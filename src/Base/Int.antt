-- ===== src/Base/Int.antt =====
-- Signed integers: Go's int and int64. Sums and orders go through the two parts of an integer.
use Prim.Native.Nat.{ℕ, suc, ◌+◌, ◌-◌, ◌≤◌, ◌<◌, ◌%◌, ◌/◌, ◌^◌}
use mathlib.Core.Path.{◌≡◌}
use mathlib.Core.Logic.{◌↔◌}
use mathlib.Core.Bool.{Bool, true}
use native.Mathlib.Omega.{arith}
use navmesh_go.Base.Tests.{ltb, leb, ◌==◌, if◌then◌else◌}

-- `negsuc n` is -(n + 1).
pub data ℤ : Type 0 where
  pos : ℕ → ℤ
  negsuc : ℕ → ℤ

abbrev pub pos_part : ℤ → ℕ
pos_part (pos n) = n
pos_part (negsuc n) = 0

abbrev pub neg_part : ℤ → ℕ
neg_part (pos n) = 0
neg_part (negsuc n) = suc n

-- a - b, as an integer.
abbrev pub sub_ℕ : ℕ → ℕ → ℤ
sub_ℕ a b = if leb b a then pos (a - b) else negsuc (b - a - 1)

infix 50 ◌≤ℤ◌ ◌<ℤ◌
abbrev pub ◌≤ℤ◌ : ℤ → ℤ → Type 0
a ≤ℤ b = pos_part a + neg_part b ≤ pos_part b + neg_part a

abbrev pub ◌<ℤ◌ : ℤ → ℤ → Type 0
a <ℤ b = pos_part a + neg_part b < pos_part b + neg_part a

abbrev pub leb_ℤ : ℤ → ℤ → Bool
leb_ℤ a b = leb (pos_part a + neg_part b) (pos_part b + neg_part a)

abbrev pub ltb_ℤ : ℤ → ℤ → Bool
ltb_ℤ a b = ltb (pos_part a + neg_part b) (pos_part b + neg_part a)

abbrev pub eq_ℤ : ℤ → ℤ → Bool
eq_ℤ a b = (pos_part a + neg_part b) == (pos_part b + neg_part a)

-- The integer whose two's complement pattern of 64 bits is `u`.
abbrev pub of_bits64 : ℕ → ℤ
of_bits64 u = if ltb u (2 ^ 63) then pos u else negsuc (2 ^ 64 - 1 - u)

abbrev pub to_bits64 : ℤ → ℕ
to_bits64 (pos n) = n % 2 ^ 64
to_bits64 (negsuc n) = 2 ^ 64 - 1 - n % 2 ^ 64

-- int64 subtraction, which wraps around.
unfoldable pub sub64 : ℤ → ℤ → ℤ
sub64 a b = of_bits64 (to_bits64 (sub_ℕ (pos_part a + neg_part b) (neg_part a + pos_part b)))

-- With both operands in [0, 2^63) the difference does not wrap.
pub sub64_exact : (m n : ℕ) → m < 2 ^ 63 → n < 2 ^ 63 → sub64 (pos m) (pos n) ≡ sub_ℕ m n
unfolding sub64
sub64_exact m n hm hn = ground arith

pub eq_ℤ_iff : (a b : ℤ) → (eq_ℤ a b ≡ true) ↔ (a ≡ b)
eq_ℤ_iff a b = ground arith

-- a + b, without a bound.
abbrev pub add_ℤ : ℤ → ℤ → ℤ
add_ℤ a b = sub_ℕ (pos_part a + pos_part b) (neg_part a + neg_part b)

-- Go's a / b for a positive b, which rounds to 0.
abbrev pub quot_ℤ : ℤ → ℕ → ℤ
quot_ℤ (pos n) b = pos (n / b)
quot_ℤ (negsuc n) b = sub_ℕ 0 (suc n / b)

--*--

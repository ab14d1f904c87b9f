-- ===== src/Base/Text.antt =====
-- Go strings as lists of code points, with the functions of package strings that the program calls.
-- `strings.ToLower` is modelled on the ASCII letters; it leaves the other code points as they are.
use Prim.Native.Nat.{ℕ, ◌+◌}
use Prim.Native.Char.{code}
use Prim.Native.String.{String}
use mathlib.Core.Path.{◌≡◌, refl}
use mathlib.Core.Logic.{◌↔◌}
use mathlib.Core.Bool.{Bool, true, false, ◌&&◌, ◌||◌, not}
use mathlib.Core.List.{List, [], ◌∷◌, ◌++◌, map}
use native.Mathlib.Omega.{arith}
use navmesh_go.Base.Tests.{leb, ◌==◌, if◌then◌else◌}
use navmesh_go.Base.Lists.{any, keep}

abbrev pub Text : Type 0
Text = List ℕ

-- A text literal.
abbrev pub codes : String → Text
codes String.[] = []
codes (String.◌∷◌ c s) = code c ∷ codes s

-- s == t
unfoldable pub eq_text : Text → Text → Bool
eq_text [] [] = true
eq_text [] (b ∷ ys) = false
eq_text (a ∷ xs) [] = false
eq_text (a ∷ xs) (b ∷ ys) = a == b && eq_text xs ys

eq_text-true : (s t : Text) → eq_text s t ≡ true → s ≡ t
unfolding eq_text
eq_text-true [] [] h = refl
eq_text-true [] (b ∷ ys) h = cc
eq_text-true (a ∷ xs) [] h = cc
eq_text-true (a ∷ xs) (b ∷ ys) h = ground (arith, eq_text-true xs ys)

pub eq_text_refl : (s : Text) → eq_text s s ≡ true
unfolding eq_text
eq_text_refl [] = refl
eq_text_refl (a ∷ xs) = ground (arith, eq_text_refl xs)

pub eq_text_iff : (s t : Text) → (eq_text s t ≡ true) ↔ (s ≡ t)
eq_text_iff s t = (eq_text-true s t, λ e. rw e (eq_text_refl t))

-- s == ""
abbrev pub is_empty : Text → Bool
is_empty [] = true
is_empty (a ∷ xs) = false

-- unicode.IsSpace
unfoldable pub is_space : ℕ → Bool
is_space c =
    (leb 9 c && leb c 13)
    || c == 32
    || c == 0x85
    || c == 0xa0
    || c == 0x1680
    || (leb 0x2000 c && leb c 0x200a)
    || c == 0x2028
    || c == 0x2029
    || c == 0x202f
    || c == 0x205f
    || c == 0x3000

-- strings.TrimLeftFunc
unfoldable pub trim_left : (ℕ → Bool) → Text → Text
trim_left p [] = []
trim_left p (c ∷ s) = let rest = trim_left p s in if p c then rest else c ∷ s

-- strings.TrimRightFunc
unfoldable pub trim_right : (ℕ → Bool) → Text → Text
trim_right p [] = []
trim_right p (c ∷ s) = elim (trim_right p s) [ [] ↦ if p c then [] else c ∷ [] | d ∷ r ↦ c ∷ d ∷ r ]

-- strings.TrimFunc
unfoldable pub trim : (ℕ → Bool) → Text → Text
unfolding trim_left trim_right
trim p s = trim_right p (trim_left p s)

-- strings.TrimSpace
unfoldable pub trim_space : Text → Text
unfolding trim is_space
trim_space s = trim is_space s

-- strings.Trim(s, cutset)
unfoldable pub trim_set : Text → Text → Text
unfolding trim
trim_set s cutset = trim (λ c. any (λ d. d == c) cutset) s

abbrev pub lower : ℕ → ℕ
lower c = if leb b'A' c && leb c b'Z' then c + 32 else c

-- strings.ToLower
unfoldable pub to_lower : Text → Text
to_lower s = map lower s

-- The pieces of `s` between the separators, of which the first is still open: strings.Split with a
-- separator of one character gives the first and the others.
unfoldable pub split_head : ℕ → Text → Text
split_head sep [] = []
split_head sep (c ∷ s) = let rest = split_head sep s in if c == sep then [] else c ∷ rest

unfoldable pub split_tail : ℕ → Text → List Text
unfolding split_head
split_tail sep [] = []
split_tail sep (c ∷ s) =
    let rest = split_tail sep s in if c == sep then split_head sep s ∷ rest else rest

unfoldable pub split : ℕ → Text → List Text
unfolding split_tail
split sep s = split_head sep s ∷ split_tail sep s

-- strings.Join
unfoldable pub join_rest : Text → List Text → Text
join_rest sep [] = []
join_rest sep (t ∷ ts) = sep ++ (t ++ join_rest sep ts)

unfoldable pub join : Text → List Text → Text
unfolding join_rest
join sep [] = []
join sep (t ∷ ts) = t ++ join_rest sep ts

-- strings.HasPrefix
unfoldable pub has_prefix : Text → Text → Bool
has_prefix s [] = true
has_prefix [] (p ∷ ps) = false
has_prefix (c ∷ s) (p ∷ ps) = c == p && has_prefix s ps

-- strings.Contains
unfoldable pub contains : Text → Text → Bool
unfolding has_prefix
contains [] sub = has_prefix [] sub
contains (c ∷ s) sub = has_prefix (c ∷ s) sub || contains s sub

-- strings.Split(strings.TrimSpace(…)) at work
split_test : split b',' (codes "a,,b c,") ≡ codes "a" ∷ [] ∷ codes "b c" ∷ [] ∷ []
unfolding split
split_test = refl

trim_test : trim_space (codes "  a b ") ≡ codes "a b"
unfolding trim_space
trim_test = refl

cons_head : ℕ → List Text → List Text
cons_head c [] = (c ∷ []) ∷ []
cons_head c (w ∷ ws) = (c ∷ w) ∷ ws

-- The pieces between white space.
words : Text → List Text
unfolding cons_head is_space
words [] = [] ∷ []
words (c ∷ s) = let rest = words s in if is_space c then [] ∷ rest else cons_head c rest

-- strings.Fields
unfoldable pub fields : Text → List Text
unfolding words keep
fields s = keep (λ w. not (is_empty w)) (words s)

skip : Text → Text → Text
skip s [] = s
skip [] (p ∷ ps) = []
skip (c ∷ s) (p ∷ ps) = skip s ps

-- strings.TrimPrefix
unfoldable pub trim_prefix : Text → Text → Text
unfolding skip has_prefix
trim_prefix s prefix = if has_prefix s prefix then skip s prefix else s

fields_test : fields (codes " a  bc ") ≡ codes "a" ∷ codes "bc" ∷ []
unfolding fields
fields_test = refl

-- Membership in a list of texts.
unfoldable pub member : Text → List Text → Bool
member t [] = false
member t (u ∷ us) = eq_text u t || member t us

--*--

_AIM OF THE EXERCISE:_ From the line that has "ltb_ℤ a b = ltb" through the line that has "sub64 a b = of_bits64", copy every line exactly as it appears above, and leave out all others.

_SOLUTION FOR THIS PROBLEM:_
ltb_ℤ a b = ltb (pos_part a + neg_part b) (pos_part b + neg_part a)

abbrev pub eq_ℤ : ℤ → ℤ → Bool
eq_ℤ a b = (pos_part a + neg_part b) == (pos_part b + neg_part a)

-- The integer whose two's complement pattern of 64 bits is `u`.
abbrev pub of_bits64 : ℕ → ℤ
of_bits64 u = if ltb u (2 ^ 63) then pos u else negsuc (2 ^ 64 - 1 - u)

abbrev pub to_bits64 : ℤ → ℕ
to_bits64 (pos n) = n % 2 ^ 64
to_bits64 (negsuc n) = 2 ^ 64 - 1 - n % 2 ^ 64

-- int64 subtraction, which wraps around.
unfoldable pub sub64 : ℤ → ℤ → ℤ
sub64 a b = of_bits64 (to_bits64 (sub_ℕ (pos_part a + neg_part b) (neg_part a + pos_part b)))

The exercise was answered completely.